Yep, right now, I’m dying to sleep. But I just HAD to get another draft of my essay done. I feel like I’m falling so behind this study period.
And it’s been a rough two days. Worked to the bone while away from home. My flight got delayed on the way back so I didn’t get home til 10.30pm so no training tomorrow. Moved that shit to Thursday when I will hopefully feel less like crumpling up into a sad, exhausted little ball.
The upside is that I got to read a book of my own choosing on the plane. There AND back. Very exciting stuff for me. I felt guilty doing it as I knew I had uni stuff I could be reading but I just couldn’t face it. My brain was mush from all the interviews and shoots and constant 100% focus and thinking of reading uni texts made me want to open an emergency exit and end it right then and there.
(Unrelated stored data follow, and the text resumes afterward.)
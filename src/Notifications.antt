-- ===== src/Notifications.antt =====
-- app/services/notification_service.py and app/services/notification_worker.py: the messages about a
-- view that wait in the broker, the two consumers, and the retries of what a consumer rejected. The
-- tracing headers are left out.
pub mod Messages
pub mod Lanes
pub mod Telling
pub mod Rounds
pub mod Meantime
pub mod Draining
pub mod Weights
pub mod Accounting
pub mod Runs
pub mod Refinement
use phantom_share.Prelude.{
  is_some, map, ℕ, zero, suc, ◌+◌, ◌-◌, ◌*◌, String, Bool, true, false, ◌≡◌, Option, none, some,
  List, [], ◌∷◌, ◌++◌, str_eq, ltb, ◌||◌, if◌then◌else◌,
}
use Prim.Native.Nat.{◌^◌}
use phantom_share.Text.{◌++◌ as ◌&◌}
use phantom_share.Result.{Result, ok, ◌>>=◌}
use phantom_share.Sql.{select_one, insert}
use phantom_share.Secrets.Guards.{is_given}
use phantom_share.Amqp.{
  Broker, Message, DeadLetter, declare_exchange, declare_queue, bind, route, get, reject,
}
use phantom_share.Notifications.Messages.{
  notification_exchange, email_queue, webhook_queue, email_routing_key, webhook_routing_key,
  email_dlq, webhook_dlq, dlx, max_retries, retry_base_delay, setup_topology, Payload, Json, Smtp,
  Mail, Post, Alert, Station, field_is, field, build_email, and_then, or_unknown, email_payload,
  webhook_payload, text_or_empty, mailed, posted, if_sent, or_zero, fire_critical_alert,
}

-- What the loop does with a message that it took from a dead-letter queue, and whether it goes on.
-- Where the exchange refuses the message the loop ends with an exception before the `ack`, and the
-- message is in its queue again. `b` is the broker without the message.
unfoldable pub retry : String → Bool → Message → Broker → Station → Bool × Station
unfolding route
retry routing_key accepted m b s =
    let attempt = or_zero m.attempt + 1 in
    let delay = retry_base_delay * 2 ^ (attempt - 1) in
    if ltb max_retries attempt
    then (true, fire_critical_alert m.body routing_key attempt (record s { broker = b }))
    else if accepted
    then (
      true,
      record s {
        broker = route notification_exchange routing_key (record m { attempt = some attempt }) b;
        clock = s.clock + delay;
      },
    )
    else (false, record s { clock = s.clock + delay })

-- One round of the inner loop of `retry_loop`; `none` where the queue is empty.
unfoldable pub retry_next : String → String → Bool → Station → Option (Bool × Station)
unfolding get retry
retry_next dlq routing_key accepted s = elim (get dlq s.broker) [
  | none ↦ none
  | some (m, b) ↦ some (retry routing_key accepted m b s)
]

module _ (json : Json) where
  abbrev pub message_of : Payload → Message
  message_of payload = record { body = json.dumps payload; attempt = none }

  -- `publish`: where there is no exchange, or the broker refuses the message, it is dropped.
  unfoldable pub publish : String → Payload → Bool → Station → Station
  unfolding route
  publish routing_key payload accepted s =
      if s.exchange
      then if accepted
        then record s {
          broker = route notification_exchange routing_key (message_of payload) s.broker;
        }
        else s
      else s

  unfoldable pub post_of : Message → Option Post
  unfolding field
  post_of m = and_then (json.loads m.body) (λ payload. and_then (field "url" payload) (λ url.
      and_then (field "secret_id" payload) (λ secret_id. and_then (field "event" payload) (λ event.
        and_then (field "actor_ip" payload) (λ actor_ip.
          some
            (record { url = url; secret_id = secret_id; event = event; actor_ip = actor_ip }))))))

  -- `handle_webhook`. `accepted` says whether the request is answered, and with a good status.
  unfoldable pub handle_webhook : Bool → Station → Station
  unfolding post_of get
  handle_webhook accepted s = elim (get webhook_queue s.broker) [
    | none ↦ s
    | some (m, b) ↦ posted (if_sent accepted (post_of m)) m b s
  ]

module _ (json : Json) (smtp : Smtp) where
  -- `notify_secret_viewed`; the two Booleans say whether the broker accepts the two messages.
  unfoldable pub notify_secret_viewed :
      String → Option String → Option String → Option String → Bool → Bool → Station → Station
  unfolding publish
  notify_secret_viewed secret_id notify_email webhook_url actor_ip email_accepted webhook_accepted
        s =
      let ip = or_unknown actor_ip in
      let s1 =
        if is_given notify_email
        then if str_eq smtp.username "" || str_eq smtp.password ""
          then s
          else publish json email_routing_key
              (email_payload (text_or_empty notify_email) secret_id ip) email_accepted s
        else s in
      if is_given webhook_url
      then publish json webhook_routing_key
          (webhook_payload (text_or_empty webhook_url) secret_id ip) webhook_accepted s1
      else s1

  -- The mail of a message, `send_smtp` on the payload; `none` where the body is no JSON or a key is
  -- missing.
  unfoldable pub mail_of : Message → Option Mail
  unfolding build_email field
  mail_of m = and_then (json.loads m.body) (λ payload. and_then (field "to" payload) (λ to.
      and_then (field "secret_id" payload) (λ secret_id.
        and_then (field "actor_ip" payload)
          (λ actor_ip. some (build_email smtp to secret_id actor_ip)))))

  -- `handle_email` on the next message of its queue. `sent` says whether the mail server takes the
  -- mail. What raises inside `message.process(requeue=False)` rejects the message.
  unfoldable pub handle_email : Bool → Station → Station
  unfolding mail_of get
  handle_email sent s = elim (get email_queue s.broker) [
    | none ↦ s
    | some (m, b) ↦ mailed (if_sent sent (mail_of m)) m b s
  ]

-- The next delivery of a consumer: a mail and whether it is sent, or a request and whether it is
-- accepted.
pub data Delivery : Type 0 where
  mail post : Bool → Delivery

pub data Kind : Type 0 where
  email webhook : Kind

abbrev pub dlq_of : Kind → String
dlq_of email = email_dlq
dlq_of webhook = webhook_dlq

abbrev pub routing_key_of : Kind → String
routing_key_of email = email_routing_key
routing_key_of webhook = webhook_routing_key

module _ (json : Json) (smtp : Smtp) where
  abbrev pub deliver : Delivery → Station → Station
  deliver (mail sent) s = handle_email json smtp sent s
  deliver (post accepted) s = handle_webhook json accepted s

-- What happens around the broker, one after the other: a view that is told, a delivery to a consumer,
-- a round of the retries and whether the exchange takes what it publishes.
pub record View : Type 0 where
  pub secret_id : String
  pub notify_email : Option String
  pub webhook_url : Option String
  pub actor_ip : Option String
  pub email_accepted : Bool
  pub webhook_accepted : Bool

pub data Event : Type 0 where
  viewed : View → Event
  delivered : Delivery → Event
  retried : Kind → Bool → Event

abbrev pub or_same {ℓ} : {A : Type ℓ} → A → Option (Bool × A) → A
or_same a none = a
or_same a (some (_, b)) = b

module _ (json : Json) (smtp : Smtp) where
  abbrev pub step : Event → Station → Station
  step (viewed v) s =
      notify_secret_viewed json smtp v.secret_id v.notify_email v.webhook_url v.actor_ip
        v.email_accepted v.webhook_accepted s
  step (delivered d) s = deliver json smtp d s
  step (retried k accepted) s = or_same s (retry_next (dlq_of k) (routing_key_of k) accepted s)

  unfoldable pub run : List Event → Station → Station
  run [] s = s
  run (e ∷ es) s = run es (step e s)

-- What goes on while the loop sleeps, before it publishes: handlers tell of views, and the consumers
-- take messages.
pub data Meanwhile : Type 0 where
  told : View → Meanwhile
  took : Delivery → Meanwhile

abbrev pub event_of : Meanwhile → Event
event_of (told v) = viewed v
event_of (took d) = delivered d

pub record Round : Type 0 where
  pub meanwhile : List Meanwhile
  pub accepted : Bool

-- After the listed rounds nothing goes on, and the exchange takes what is published.
abbrev pub next_round : List Round → Round × List Round
next_round [] = (record { meanwhile = []; accepted = true }, [])
next_round (r ∷ rounds) = (r, rounds)

abbrev pub has_failed : Kind → Station → Bool
has_failed k s = is_some (get (dlq_of k) s.broker)

abbrev pub or_stay : Station → Option (Bool × Station) → Bool × Station
or_stay s none = (true, s)
or_stay s (some r) = r

module _ (json : Json) (smtp : Smtp) where
  -- The inner `while True` of `retry_loop`, and whether it ended by its `break`.
  unfoldable pub drain : ℕ → Kind → List Round → Station → Bool × Station
  unfolding run get retry_next
  drain zero k rounds s = (false, s)
  drain (suc fuel) k rounds s =
      let (r, rest) = next_round rounds in
      let s1 = run json smtp (map event_of r.meanwhile) s in
      let (goes_on, s2) = or_stay s1 (retry_next (dlq_of k) (routing_key_of k) r.accepted s1) in
      let after = drain fuel k rest s2 in
      if has_failed k s then (if goes_on then after else (false, s2)) else (true, s)

  -- The `for` loop of `retry_loop`, once.
  unfoldable pub retry_pass : ℕ → ℕ → List Round → List Round → Station → Bool × Station
  unfolding drain
  retry_pass fuel fuel' rounds rounds' s =
      let (mails_done, s1) = drain fuel email rounds s in
      if mails_done then drain fuel' webhook rounds' s1 else (false, s1)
And to add insult to injury, tonight was the first birthday of the bar I work at. All over Facebook I was seeing photos of everyone having fun. I got texts and calls from people asking why I wasn’t there, telling me to come, that I was boring, not fun, missing out.
And, quite uncharacteristically, I took myself straight home, bypassed fun altogether. This looming assignment deadline and unflinching tiredness has turned me into a little old lady. And on that note, I will be taking myself off to bed now at the un-old-lady hour of 12.34am.
Fact: I. Am. Tired. This is all I can currently be 100% certain about myself.